Model Data Around How It’s Used

In a document database like MongoDB, schema design is driven by the queries you run, not by strict normalization rules. You should combine data that is frequently accessed together, and separate data that changes independently.

Example combing data:
Instead of having two collections, customers and addresses, you can embed the addresses directly in the customer document:

{
  name: "Alice",
  email: "alice@example.com",
  addresses: [
    { street: "Main St 12", city: "Rotterdam" },
    { street: "Market Sq 8", city: "Delft" }
  ]
}

This makes reads faster and avoids joins, since everything you need is stored in one document.

Example seperating data:
Instead of embedding reviews directly in a product document, you can store them in a separate reviews collection and reference the product by its _id.

// products
{
  _id: ObjectId("507f1f77bcf86cd799439011"),
  name: "Noise-Cancelling Headphones",
  brand: "QuietSound"
}

// reviews
{
  _id: ObjectId("507f191e810c19729de860ea"),
  product_id: ObjectId("507f1f77bcf86cd799439011"),
  rating: 5,
  comment: "Excellent sound quality!",
  user: "alice@example.com"
}

This approach is useful when:

Reviews grow independently from the product.
Reviews need to be queried or analyzed across multiple products.
You want to avoid bloating the product document with large arrays.

Embed vs. Reference

Embed what you access together. Reference what you reuse.

Avoid Deep Nesting

MongoDB supports up to 100 levels of nesting, but deeply nested structures can make queries and updates complex and inefficient. Keep nesting shallow and meaningful — usually one or two levels is enough.

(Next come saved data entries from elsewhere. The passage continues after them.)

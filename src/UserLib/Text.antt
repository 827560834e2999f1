-- ===== src/UserLib/Text.antt =====
-- The `printf` of user programs writes the text that its format and arguments stand for (libc/stdio.h).
use mathlib.Core.List.{append_assoc}
use mathlib.Core.Path.{subst}
use another_os.Base.{
  ℕ, suc, ◌%◌, ◌^◌, ◌<◌, ◌≡◌, ◌≢◌, ◌∙◌, inl, inr, refl, sym, ap, arith, List, [], ◌∷◌, ◌++◌, length,
  All, All-append, append-nil, ◌==◌, Bool-cases, Run, ok, halt, undefined, out_of_fuel, ◌>>=◌,
}
use another_os.Console.Format.{
  Arg, int, str, Directive, character, string, percent, newline, signed, unsigned, plain, c_string,
}
use another_os.Console.Numbers.{Bytes}
use another_os.Console.Numerals.{unsigned_text, signed_text, uint_to_str-text, int_to_string-text}
use another_os.Console.Text.{text_of, conversions, meaning, expand}
use another_os.Console.Numbers as Console
use another_os.UserLib.{
  value, bytes, syscall0, syscall1, syscall3, Call, Program, syscall_write, write, putc, memory_of,
  directive_of, put_number, convert, vprintf, printf,
}
use another_os.UserLib.Numerals.{same_int_to_string, same_uint_to_str}
use another_os.UserLib.Strings.{c_string-Holds, puts-Holds, memory_of-Holds}

-- The bytes that a call passes.
abbrev pub buffer : Call → List ℕ
buffer (syscall0 n) = []
buffer (syscall1 n a) = []
buffer (syscall3 n a (value b) c) = []
buffer (syscall3 n a (bytes b) c) = b

-- A call that asks to write the whole buffer to the standard output.
abbrev pub IsWrite : Call → Type 0
IsWrite c = c ≡ syscall3 syscall_write 1 (bytes (buffer c)) (length (buffer c))

abbrev pub joined : List Call → List ℕ
joined [] = []
joined (c ∷ calls) = buffer c ++ joined calls

-- The program has made further calls, which write `cs`.
pub record Wrote (cs : List ℕ) (u u' : Program) : Type 0 where
  pub made : List Call
  pub calls : u'.calls ≡ u.calls ++ made
  pub text : joined made ≡ cs
  pub proper : All IsWrite made

-- No string among the arguments holds a NUL, and the numbers are of 32 bits.
abbrev pub Passed : List Arg → Type 0
Passed [] = Unit
Passed (int n ∷ args) = (n < 2 ^ 32) × Passed args
Passed (str s ∷ args) = All (λ c. c ≢ 0) s × Passed args

joined-append : (xs ys : List Call) → joined (xs ++ ys) ≡ joined xs ++ joined ys
joined-append [] ys = refl
joined-append (x ∷ xs) ys =
    ap (λ l. buffer x ++ l) (joined-append xs ys)
    ∙ sym (append_assoc (buffer x) (joined xs) (joined ys))

Wrote-none : (u : Program) → Wrote [] u u
Wrote-none u = record { made = []; calls = sym (append-nil u.calls); text = refl; proper = tt }

Wrote-then : (cs ds : List ℕ) (u v w : Program) → Wrote cs u v → Wrote ds v w → Wrote (cs ++ ds) u w
Wrote-then cs ds u v w one two = record {
  made = one.made ++ two.made;
  calls = two.calls ∙ ap (λ l. l ++ two.made) one.calls ∙ append_assoc u.calls one.made two.made;
  text = joined-append one.made two.made ∙ rw (one.text, two.text) refl;
  proper = All-append IsWrite one.made two.made one.proper two.proper;
}

Wrote-write : (cs : List ℕ) (u : Program) → Wrote cs u (write 1 cs (length cs) u)
unfolding write
Wrote-write cs u = record {
  made = syscall3 syscall_write 1 (bytes cs) (length cs) ∷ [];
  calls = refl;
  text = append-nil cs;
  proper = (refl, tt);
}

Wrote-putc : (c : ℕ) (u : Program) → Wrote (c ∷ []) u (putc c u)
unfolding putc
Wrote-putc c u = Wrote-write (c ∷ []) u

-- Where there is a text, the run has written it.
abbrev Writes : Run (List ℕ) → Program → Run Program → Type 0
Writes (ok cs) u run = (u' : Program) × (run ≡ ok u') × Wrote cs u u'
Writes halt u run = Unit
Writes undefined u run = Unit
Writes out_of_fuel u run = Unit

abbrev Converts : Run (List ℕ × List Arg) → Program → Run (List Arg × Program) → Type 0
Converts (ok r) u run = (u' : Program) × (run ≡ ok (r.1, u')) × Wrote r.0 u u' × Passed r.1
Converts halt u run = Unit
Converts undefined u run = Unit
Converts out_of_fuel u run = Unit

put_number-Converts :
    (number : Run Bytes) (text : List ℕ) (args : List Arg) (u : Program)
    → (b : Bytes) × (number ≡ ok b) × (c_string 36 b 0 ≡ ok text)
    → Passed args
    → Converts (ok (text, args)) u (put_number number u >>= λ u. ok (args, u))
unfolding put_number
put_number-Converts number text args u (b, run, spelled) passed =
    let (there, enough) = c_string-Holds text 36 0 b spelled in
    let wrote = Wrote-write text (record u { tmp = b }) in
    (
      write 1 text (length text) (record u { tmp = b }),
      rw (run, puts-Holds text 36 b (record u { tmp = b }) there enough) refl,
      record { made = wrote.made; calls = wrote.calls; text = wrote.text; proper = wrote.proper },
      passed,
    )

convert-Converts :
    (d : Directive) (ch : ℕ) (args : List Arg) (u : Program)
    → Passed args
    → Converts (text_of d ch args) u (convert d ch args u)
unfolding convert text_of
convert-Converts character ch [] u passed = tt
convert-Converts character ch (int n ∷ args) u passed =
    (_, refl, Wrote-putc (n % 2 ^ 8) u, passed.1)
convert-Converts character ch (str s ∷ args) u passed = tt
convert-Converts string ch [] u passed = tt
convert-Converts string ch (int n ∷ args) u passed = tt
convert-Converts string ch (str s ∷ args) u passed = (
  write 1 s (length s) u,
  rw (puts-Holds s (suc (length s)) (memory_of s) u (memory_of-Holds s passed.0) (omega arith))
      refl,
  Wrote-write s u,
  passed.1,
)
convert-Converts percent ch args u passed = (_, refl, Wrote-putc 37 u, passed)
convert-Converts newline ch args u passed = (_, refl, Wrote-putc 10 u, passed)
convert-Converts signed ch [] u passed = tt
convert-Converts signed ch (int n ∷ args) u passed = elim (Bool-cases (n == 2 ^ 31)) [
  | inl least ↦ rw least tt
  | inr other ↦
      let proper : n ≢ 2 ^ 31 = ground (arith, other) in
      rw other (
        rw (same_int_to_string u.tmp n 10) (
          put_number-Converts (Console.int_to_string u.tmp n 10) (signed_text 10 n) args u
            (int_to_string-text u.tmp n 10 passed.0 proper (omega arith) (omega arith)) passed.1))
]
convert-Converts signed ch (str s ∷ args) u passed = tt
convert-Converts unsigned ch [] u passed = tt
convert-Converts unsigned ch (int n ∷ args) u passed = rw (same_uint_to_str u.tmp n 16) (
    put_number-Converts (Console.uint_to_str u.tmp n 16) (unsigned_text 16 n) args u
      (uint_to_str-text u.tmp n 16 passed.0 (omega arith) (omega arith)) passed.1)
convert-Converts unsigned ch (str s ∷ args) u passed = tt
convert-Converts plain ch args u passed = (_, refl, Wrote-putc ch u, passed)

-- Text behind text that has been written.
Writes-behind :
    (e : Run (List ℕ)) (cs : List ℕ) (u v : Program) (run : Run Program)
    → Wrote cs u v
    → Writes e v run
    → Writes (e >>= λ ds. ok (cs ++ ds)) u run
Writes-behind (ok ds) cs u v run wrote (w, h, more) = (w, h, Wrote-then cs ds u v w wrote more)
Writes-behind halt cs u v run wrote h = tt
Writes-behind undefined cs u v run wrote h = tt
Writes-behind out_of_fuel cs u v run wrote h = tt

Writes-after :
    (t : Run (List ℕ × List Arg)) (fmt : List ℕ) (u : Program) (run : Run (List Arg × Program))
    → Converts t u run
    → ((args : List Arg) (w : Program)
        → Passed args
        → Writes (expand fmt args) w (vprintf fmt args w))
    → Writes
        (t >>= λ r. expand fmt r.1 >>= λ cs. ok (r.0 ++ cs))
        u
        (run >>= λ r. vprintf fmt r.0 r.1)
Writes-after (ok r) fmt u run (v, h, wrote, passed) rest =
    rw h (Writes-behind (expand fmt r.1) r.0 u v (vprintf fmt r.1 v) wrote (rest r.1 v passed))
Writes-after halt fmt u run h rest = tt
Writes-after undefined fmt u run h rest = tt
Writes-after out_of_fuel fmt u run h rest = tt

-- The `switch` knows the same letters.
directive_of-meaning : (c : ℕ) → directive_of c ≡ meaning conversions c
unfolding directive_of meaning
directive_of-meaning c = ground arith

vprintf-Writes :
    (fmt : List ℕ) (args : List Arg) (u : Program)
    → Passed args
    → Writes (expand fmt args) u (vprintf fmt args u)
unfolding expand vprintf
vprintf-Writes [] args u passed = (u, refl, Wrote-none u)
vprintf-Writes (ch ∷ []) args u passed = elim (Bool-cases (ch == 37)) [
  | inl start ↦ rw start tt
  | inr other ↦ rw other (putc ch u, refl, Wrote-putc ch u)
]
vprintf-Writes (ch ∷ c ∷ fmt) args u passed = elim (Bool-cases (ch == 37)) [
  | inl start ↦
      rw (start, Writes, expand, vprintf)
        (Writes-after (text_of (meaning conversions c) c args) fmt u
          (convert (directive_of c) c args u)
          (subst (λ d. Converts (text_of d c args) u (convert (directive_of c) c args u))
            (directive_of-meaning c) (convert-Converts (directive_of c) c args u passed))
          (λ args w passed. vprintf-Writes fmt args w passed))
  | inr other ↦
      rw (other, Writes, expand, vprintf)
        (Writes-behind (expand (c ∷ fmt) args) (ch ∷ []) u (putc ch u)
          (vprintf (c ∷ fmt) args (putc ch u)) (Wrote-putc ch u)
          (vprintf-Writes (c ∷ fmt) args (putc ch u) passed))
]

-- Where a format and its arguments, the numbers among them of 32 bits and the strings without NUL,
-- stand for a text, which is the one that the kernel's `vprintf` puts, `printf` of a user program
-- ends. It makes system calls that each write a whole buffer to the standard output, and the
-- buffers joined are exactly the text.
pub printf-Wrote :
    (fmt : List ℕ) (args : List Arg) (u : Program) (cs : List ℕ)
    → Passed args
    → expand fmt args ≡ ok cs
    → (u' : Program) × (printf fmt args u ≡ ok u') × Wrote cs u u'
unfolding printf
printf-Wrote fmt args u cs passed text =
    subst (λ e. Writes e u (vprintf fmt args u)) text (vprintf-Writes fmt args u passed)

Design for Growth and Change

MongoDB’s flexibility allows new fields to be added at any time, but it’s important to design with scalability in mind:

Be aware that large arrays (e.g., orders: []) can become performance bottlenecks.
Consider splitting data into separate collections if arrays grow indefinitely.
Use consistent field names and data types to simplify queries and indexing.

Pre-Aggregate When Useful

Because documents are stored atomically, it is often efficient to include derived fields that summarize data. For example, storing a total_price or last_updated value in a document can make reads faster. This is a trade-off between read performance and update complexity — pre-aggregated values must be kept in sync.

Excercises

🧠 Exercise 1

Use Case
A garage wants to keep track of cars and their maintenance history. Each car has a make, model, year, and a list of performed maintenance tasks (e.g., oil change, tire rotation). The garage usually retrieves the full car record including its maintenance history in one query.

Question
How would you design a MongoDB document structure for this use case? Should the maintenance records be embedded or referenced?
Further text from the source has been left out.